K Royal, CIPP/US, CIPP/E, privacy counsel for Align Technology, said the addition of privacy controls to the HITRUST CSF is a welcome expansion and seemingly a natural one that recognizes privacy’s intersection with security.

“One of the biggest needs we have as an industry is to create a common foundation among vendors and customers, public and private entities and large and small employers,” Royal said. “The CSF provides a solid basis already for security controls. Adding privacy controls moves the CSF toward becoming a compliance lexicon.”

While the framework hasn’t been released yet, Crosley said he’s hopeful that given HITRUST’s “blue ribbon industry privacy experts” on its board and in its working group, "the privacy controls have been developed appropriately and with emphasis on flexibility.”

After all, the primary objective of stakeholders in the healthcare ecosystem is not to protect the privacy and security of data but in fact to use health data to provide “appropriate and tailored therapy and to undertake critical research” in the name of easing suffering and improving patients’ quality of life.

“Privacy and the use of health data for these primary purposes should be completely compatible. But since the passage of HIPAA, this compatibility has been elusive,” Crosley said. “Done correctly, privacy and data security will not only appropriately protect patient privacy against actual harms, it will also drive, not just enable but drive, innovation in treatment and research.”

He added if the HITRUST framework can achieve the goal of more protection, more efficiently, with more flexibility, then maybe healthcare workers can focus more on saving patients and less on worrying about data breaches.

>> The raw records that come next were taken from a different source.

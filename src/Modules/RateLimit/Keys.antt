-- ===== src/Modules/RateLimit/Keys.antt =====
-- The keys of the buckets.
use garcon.Prelude.{ℕ, ◌≡◌, refl, ap, sym, ◌∙◌, false, [], Option, some}
use garcon.Text.{Bytes, bytes, has, is_digit, to_string, cut_at}
use garcon.Text.Search.{all-has, cut_at-append}
use garcon.Text.Decimal.{decimal, decimal-to_string, all-is_digit-to_string}
use garcon.Modules.RateLimit.{make_state_key}

no_colon : (i : ℕ) → has b':' (to_string i) ≡ false
no_colon i =
    all-has is_digit b':' (to_string i) (unfold is_digit in refl) (all-is_digit-to_string i)

key_cut : (i : ℕ) (s : Bytes) → cut_at (bytes ":") (make_state_key i s) ≡ some (to_string i, s)
unfolding make_state_key
key_cut i s = cut_at-append b':' [] (to_string i) s (no_colon i)

-- Two rules, or two subjects of one rule, never share a bucket's key, whatever bytes the subjects
-- have.
pub make_state_key_injective :
    (i j : ℕ) (s t : Bytes) → make_state_key i s ≡ make_state_key j t → (i ≡ j) × (s ≡ t)
make_state_key_injective i j s t e =
    let both : ◌≡◌ {A = Option (Bytes × Bytes)} (some (to_string i, s)) (some (to_string j, t)) =
      sym (key_cut i s) ∙ (ap (cut_at (bytes ":")) e ∙ key_cut j t) in
    let same : to_string i ≡ to_string j = cc in
    (sym (decimal-to_string i) ∙ (ap (decimal 0) same ∙ decimal-to_string j), cc)
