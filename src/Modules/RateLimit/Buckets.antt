-- ===== src/Modules/RateLimit/Buckets.antt =====
-- What a bucket lets through.
use garcon.Prelude.{
  ℕ, zero, suc, ◌≡◌, refl, ap, ◌∙◌, Bool, true, false, Option, none, some, List, [], ◌∷◌, ◌++◌, ltb,
  leb, ◌==◌, ◌≤◌, ◌<◌, arith, Result, ok, ◌>>=◌, if◌then◌else◌, Bool-cases, Option-cases, inl, inr,
  >>=-eq-ok, subst,
}
use garcon.Text.{Bytes, bytes, equal, is_digit, int_max, to_string}
use garcon.Text.Search.{equal_iff, equal_refl, all-has}
use garcon.Text.Decimal.{all-is_digit-to_string}
use garcon.Http.Header.{is_valid_header_name}
use garcon.Text.Map.{find, put, find-put}
use garcon.Http.Response.{
  Response, text, validate_header, valid_header_value, replace_first, add_header, set_header,
}
use garcon.Modules.RateLimit.{
  Doubles, Store, TokenBucket, entered, filled, refilled, consume, answer, make_rate_limit_response,
  make_state_key, check_and_consume, retry_after_of,
}
use garcon.Modules.RateLimit.Keys.{make_state_key_injective}
use garcon.Modules.RateLimit.Rules.{Rule}

not_equal : (a b : Bytes) → (a ≡ b → ⊥) → equal a b ≡ false
not_equal a b h = elim (Bool-cases (equal a b)) [
  | inl e ↦ absurd (h ((equal_iff a b).0 e))
  | inr e ↦ e
]

-- A field whose value is a number can be set.
number_set :
    (resp : Response) (name : Bytes) (n : ℕ)
    → is_valid_header_name name ≡ true
    → (r : Response) × (set_header resp name (to_string n) ≡ ok r)
unfolding set_header validate_header valid_header_value add_header
number_set resp name n h =
    let cr =
      all-has is_digit b'\r' (to_string n) (unfold is_digit in refl) (all-is_digit-to_string n) in
    let lf =
      all-has is_digit b'\n' (to_string n) (unfold is_digit in refl) (all-is_digit-to_string n) in
    elim (Option-cases (replace_first resp.headers name (to_string n))) [
      | inl e ↦ (
        record resp {
          headers = resp.headers ++ (record { name = name; value = to_string n } ∷ []);
        },
        rw (h, cr, lf, e, add_header, h, cr, lf) refl,
      )
      | inr (hs, e) ↦ (record resp { headers = hs }, rw (h, cr, lf, e) refl)
    ]

response_made :
    (limit window retry : ℕ)
    → (response : Response) × (make_rate_limit_response limit window retry ≡ ok response)
unfolding make_rate_limit_response is_valid_header_name
response_made limit window retry =
    let first = text 429 (bytes "Too Many Requests") (bytes "rate limit exceeded\n") in
    let (second, e) = number_set first (bytes "X-RateLimit-Limit") limit refl in
    let (third, f) =
      number_set second (bytes "Retry-After") (if ltb 0 retry then retry else 1) refl in
    let (fourth, g) = number_set third (bytes "X-RateLimit-Reset") window refl in
    (fourth, rw (make_rate_limit_response, e, f, g) refl)

-- The first `n` of `k` answers are yes, and the others no.
unfoldable pub granted : ℕ → ℕ → List Bool
granted zero n = []
granted (suc k) zero = false ∷ granted k 0
granted (suc k) (suc n) = true ∷ granted k n

module _ (d : Doubles) where
  answer_made :
      (r : Rule) (bucket : TokenBucket d) (allowed : Bool)
      → (response : Option Response) × (answer d r (bucket, allowed) ≡ ok response)
  answer_made r bucket true = (none, refl)
  answer_made r bucket false =
      let (response, e) =
        response_made r.limit r.window_seconds (retry_after_of d r bucket.tokens) in
      (some response, rw e refl)

  -- A request leaves the buckets of other rules and other subjects as they are.
  pub check_and_consume-other :
      (r : Rule) (i : ℕ) (subject : Bytes) (now : ℕ) (buckets after : Store d)
      (response : Option Response) (j : ℕ) (other : Bytes)
      → check_and_consume d r i subject now buckets ≡ ok (response, after)
      → (i ≡ j → subject ≡ other → ⊥)
      → find (make_state_key j other) after ≡ find (make_state_key j other) buckets
  unfolding check_and_consume
  check_and_consume-other r i subject now buckets after response j other h n =
      let key = make_state_key i subject in
      let bucket = consume d r now (entered d (find key buckets)) in
      let (made, e, h1) = >>=-eq-ok (answer d r bucket) _ h in
      let g : put key bucket.0 buckets ≡ after = cc in
      let apart : equal key (make_state_key j other) ≡ false =
        not_equal key (make_state_key j other)
          (λ same. let (ij, so) = make_state_key_injective i j subject other same in n ij so) in
      subst (λ m. find (make_state_key j other) m ≡ find (make_state_key j other) buckets) g
        (find-put key (make_state_key j other) bucket.0 buckets ∙ rw apart refl)

  module _ (still : (t : ℕ) → d.less (d.of_int 0) (d.seconds_between t t) ≡ false)
      (compared : (n : ℕ) → n ≤ int_max → d.not_below (d.of_int n) (d.of_int 1) ≡ leb 1 n)
      (decremented : (n : ℕ) → n < int_max → d.minus (d.of_int (suc n)) (d.of_int 1) ≡ d.of_int n)
      (r : Rule) (now : ℕ) (running : 0 < now) where
    abbrev holding : ℕ → TokenBucket d
    holding n = record { tokens = d.of_int n; last_refill = now }

    filled_before : (n : ℕ) → filled d r now (holding n) ≡ holding n
    unfolding filled
    filled_before n = let e : (now == 0) ≡ false = ground arith in rw e refl

    not_refilled : (n : ℕ) → refilled d r now (holding n) ≡ holding n
    unfolding refilled
    not_refilled n = rw (still now) refl

    unchanged : (n : ℕ) → refilled d r now (filled d r now (holding n)) ≡ holding n
    unchanged n = ap (refilled d r now) (filled_before n) ∙ not_refilled n

    first : refilled d r now (filled d r now (entered d none)) ≡ holding r.burst
    unfolding filled
    first = not_refilled r.burst

    fresh : consume d r now (entered d none) ≡ consume d r now (holding r.burst)
    unfolding consume
    fresh = rw (consume, first, unchanged r.burst) refl

    taken : (n : ℕ) → n < int_max → consume d r now (holding (suc n)) ≡ (holding n, true)
    unfolding consume
    taken n h =
        let some_left : leb 1 (suc n) ≡ true = ground arith in
        rw (consume, unchanged (suc n), compared (suc n) (omega arith), some_left, decremented n h)
          refl

    refused : consume d r now (holding 0) ≡ (holding 0, false)
    unfolding consume
    refused = rw (consume, unchanged 0, compared 0 (omega arith)) refl

    abbrev pub is_none : Option Response → Bool
    is_none none = true
    is_none (some response) = false

    module _ (i : ℕ) (subject : Bytes) where
      -- Which of so many requests in a row are allowed, at one tick of the clock.
      pub serve : ℕ → Store d → Result (List Bool)
      serve zero buckets = ok []
      serve (suc k) buckets = check_and_consume d r i subject now buckets >>= λ checked.
          serve k checked.1 >>= λ rest. ok (is_none checked.0 ∷ rest)

      -- The bucket is one that has this many tokens, or is filled with them.
      abbrev IsReady : Store d → ℕ → Type 0
      IsReady buckets n =
          consume d r now (entered d (find (make_state_key i subject) buckets))
          ≡ consume d r now (holding n)

      stored_IsReady :
          (buckets : Store d) (n : ℕ)
          → IsReady (put (make_state_key i subject) (holding n) buckets) n
      stored_IsReady buckets n =
          let key = make_state_key i subject in
          rw (find-put key key (holding n) buckets, equal_refl key) refl

      checked_taken :
          (buckets : Store d) (n : ℕ)
          → n < int_max
          → IsReady buckets (suc n)
          → check_and_consume d r i subject now buckets
            ≡ ok (none, put (make_state_key i subject) (holding n) buckets)
      unfolding check_and_consume
      checked_taken buckets n h e = rw (check_and_consume, e, taken n h) refl

      checked_refused :
          (buckets : Store d)
          → IsReady buckets 0
          → (response : Response) × (check_and_consume d r i subject now buckets
              ≡ ok (some response, put (make_state_key i subject) (holding 0) buckets))
      unfolding check_and_consume
      checked_refused buckets e =
          let (response, f) =
            response_made r.limit r.window_seconds (retry_after_of d r (d.of_int 0)) in
          (response, rw (check_and_consume, e, refused, f) refl)

      serve-ready :
          (k n : ℕ) (buckets : Store d)
          → n ≤ int_max
          → IsReady buckets n
          → serve k buckets ≡ ok (granted k n)
      unfolding serve granted
      serve-ready zero n buckets h e = refl
      serve-ready (suc k) zero buckets h e =
          let (response, f) = checked_refused buckets e in
          rw (f, serve-ready k 0 _ h (stored_IsReady buckets 0)) refl
      serve-ready (suc k) (suc n) buckets h e =
          rw
            (
              checked_taken buckets n (omega arith) e,
              serve-ready k n _ (omega arith) (stored_IsReady buckets n),
            )
            refl

      -- With no bucket yet for a rule and a subject, as many requests at one tick of the clock are
      -- allowed as the rule's burst says, the first ones, and all others are refused; where the
      -- clock is past its epoch, no time lies between a tick and itself, and a `double` counts
      -- down to 0 in steps of 1 from any `int`.
      pub serve-granted :
          (k : ℕ) (buckets : Store d)
          → r.burst ≤ int_max
          → find (make_state_key i subject) buckets ≡ none
          → serve k buckets ≡ ok (granted k r.burst)
      serve-granted k buckets h e = serve-ready k r.burst buckets h (rw e fresh)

Kirk Nahra, CIPP/US, Wiley Rein partner and chair of the firm's privacy practice and co-chair of its healthcare practice, said HITRUST has been an important participant in bringing useful information on security to the healthcare industry and trying to make sense of the general standards of the HIPAA Security Rule and all the other security frameworks healthcare companies have to worry about.

“By bringing privacy into this concept, they’ve played an important role in guaranteeing the link between privacy and security and giving healthcare companies a useful and efficient way of improving their overall compliance approach,” Nahra said.